Work required: Using the data that follows, say how many lines contain the word "Value", giving the number by itself.

Data:
◆ ◆ ◆ ◆ ◆

-- ===== src/Miot/Transport.antt =====
-- packages/miot-device/src/MiotTransport.ts: the life of a UDP exchange as the events of its socket
-- and timer, and the commands over it. Encoding and decoding of packets, and the network itself,
-- are parameters here. A property's number is a whole number.
pub mod Commands
pub mod Settling
pub mod Stamps
use iot_miniservers.Prelude.{
  ℕ, ◌+◌, ◌-◌, Bool, true, false, not, Option, none, some, List, [], ◌∷◌, ◌++◌, Text, text, ltb,
  length, head?, map, if◌then◌else◌, ◌==◌, nat_eq,
}
use iot_miniservers.Prelude.Int.{ℤ, pos, int_eq}
use iot_miniservers.Prelude.Result.{Result, ok, err, ◌>>=◌}
use iot_miniservers.Miot.Error.{
  MiotError, MiotErrorKind, timeout, device_error, transport_error, MiotMethod, handshake,
  get_properties, set_properties, action, Thrown, miot_error,
}

pub data Value : Type 0 where
  str : Text → Value
  num : ℤ → Value

pub record PropertyResult : Type 0 where
  pub siid : ℕ
  pub piid : ℕ
  pub value : Option Value
  pub code : ℤ

pub record DeviceFault : Type 0 where
  pub code : ℤ
  pub message : Text

pub record MiotResponse : Type 0 where
  pub id : ℕ
  pub result : Option (List PropertyResult)
  pub error : Option DeviceFault

pub record PropertyId : Type 0 where
  pub siid : ℕ
  pub piid : ℕ

pub data Arguments : Type 0 where
  no_arguments : Arguments
  array : List Value → Arguments
  scalar : Value → Arguments

pub data Request : Type 0 where
  get_request : PropertyId → Request
  set_request : PropertyId → Value → Request
  action_request : ℕ → ℕ → List Value → Request

unfoldable pub method_of : Request → MiotMethod
method_of (get_request p) = get_properties
method_of (set_request p v) = set_properties
method_of (action_request siid aiid args) = action

unfoldable pub failure : Text → MiotErrorKind → MiotMethod → Option ℤ → Thrown
failure message kind method code = miot_error (record {
  message = message;
  kind = kind;
  method = method;
  code = code;
  stamp_refreshed = false;
})

-- `transportError(method, cause)`, of a cause with its message.
unfoldable pub transport_failure : MiotMethod → Text → Thrown
unfolding failure
transport_failure method message = failure message transport_error method none

-- What the socket and the timer of one exchange may bring.
pub data Event : Type 0 where
  timed_out : Event
  message : List ℕ → Event
  socket_error : Text → Event
  send_failed : Text → Event

-- `closed` counts the calls of `socket.close()`; `outcome` is what the promise settled with.
pub record Exchange (A : Type 0) : Type 0 where
  pub settled : Bool
  pub armed : Bool
  pub closed : ℕ
  pub outcome : Option (Result Thrown A)

module _ {A : Type 0} where
  unfoldable pub start : Exchange A
  start = record { settled = false; armed = true; closed = 0; outcome = none }

  -- `done(err)`
  unfoldable pub done : Thrown → Exchange A → Exchange A
  done e x =
      if x.settled
      then x
      else record x { settled = true; closed = x.closed + 1; outcome = some (err e) }

  -- The promise of an exchange: `accept` reads a message, `late` is the error of the timer.
  module _ (method : MiotMethod) (late : Thrown) (accept : List ℕ → Result Thrown A) where
    unfoldable pub step : Event → Exchange A → Exchange A
    unfolding done transport_failure
    step timed_out x = if x.armed then done late (record x { armed = false }) else x
    step (message bytes) x = if x.settled then record x { armed = false } else record x {
      settled = true;
      armed = false;
      closed = x.closed + 1;
      outcome = some (accept bytes);
    }
    step (socket_error m) x = done (transport_failure method m) (record x { armed = false })
    step (send_failed m) x = done (transport_failure method m) (record x { armed = false })

    unfoldable pub run : List Event → Exchange A → Exchange A
    run [] x = x
    run (e ∷ es) x = run es (step e x)

pub record Hello : Type 0 where
  pub device_id : ℕ
  pub stamp : ℕ

-- `IncomingPacket.parseHello`, or the message of what it throws.
unfoldable pub accept_hello : (List ℕ → Result Text Hello) → List ℕ → Result Thrown Hello
unfolding transport_failure
accept_hello parse bytes = elim (parse bytes) [
  | ok h ↦ ok h
  | err m ↦ err (transport_failure handshake m)
]

unfoldable pub handshake_step :
    Text → (List ℕ → Result Text Hello) → Event → Exchange Hello → Exchange Hello
unfolding step accept_hello failure
handshake_step place parse =
    step handshake
      (failure (text "Handshake timeout: no response from " ++ place) timeout handshake none)
      (accept_hello parse)

-- The answer of a device, read: `show` formats a number.
unfoldable pub read_response :
    (ℤ → Text) → MiotMethod → Option MiotResponse → Result Thrown MiotResponse
unfolding failure
read_response show method none =
    err (failure (text "Empty response from device") transport_error method none)
read_response show method (some json) = elim json.error [
  | none ↦ ok json
  | some fault ↦ err (
      failure (text "Device error " ++ (show fault.code ++ (text ": " ++ fault.message)))
        device_error method (some fault.code))
]

unfoldable pub accept_response :
    (ℤ → Text)
    → MiotMethod
    → (List ℕ → Result Text (Option MiotResponse))
    → List ℕ
    → Result Thrown MiotResponse
unfolding read_response transport_failure
accept_response show method parse bytes = elim (parse bytes) [
  | ok json ↦ read_response show method json
  | err m ↦ err (transport_failure method m)
]

unfoldable pub command_step :
    Text
    → (ℤ → Text)
    → MiotMethod
    → (List ℕ → Result Text (Option MiotResponse))
    → Event
    → Exchange MiotResponse
    → Exchange MiotResponse
unfolding step accept_response failure
command_step place show method parse =
    step method (failure (text "Command timeout: no response from " ++ place) timeout method none)
      (accept_response show method parse)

◆ ◆ ◆ ◆ ◆

Solved exercise: 8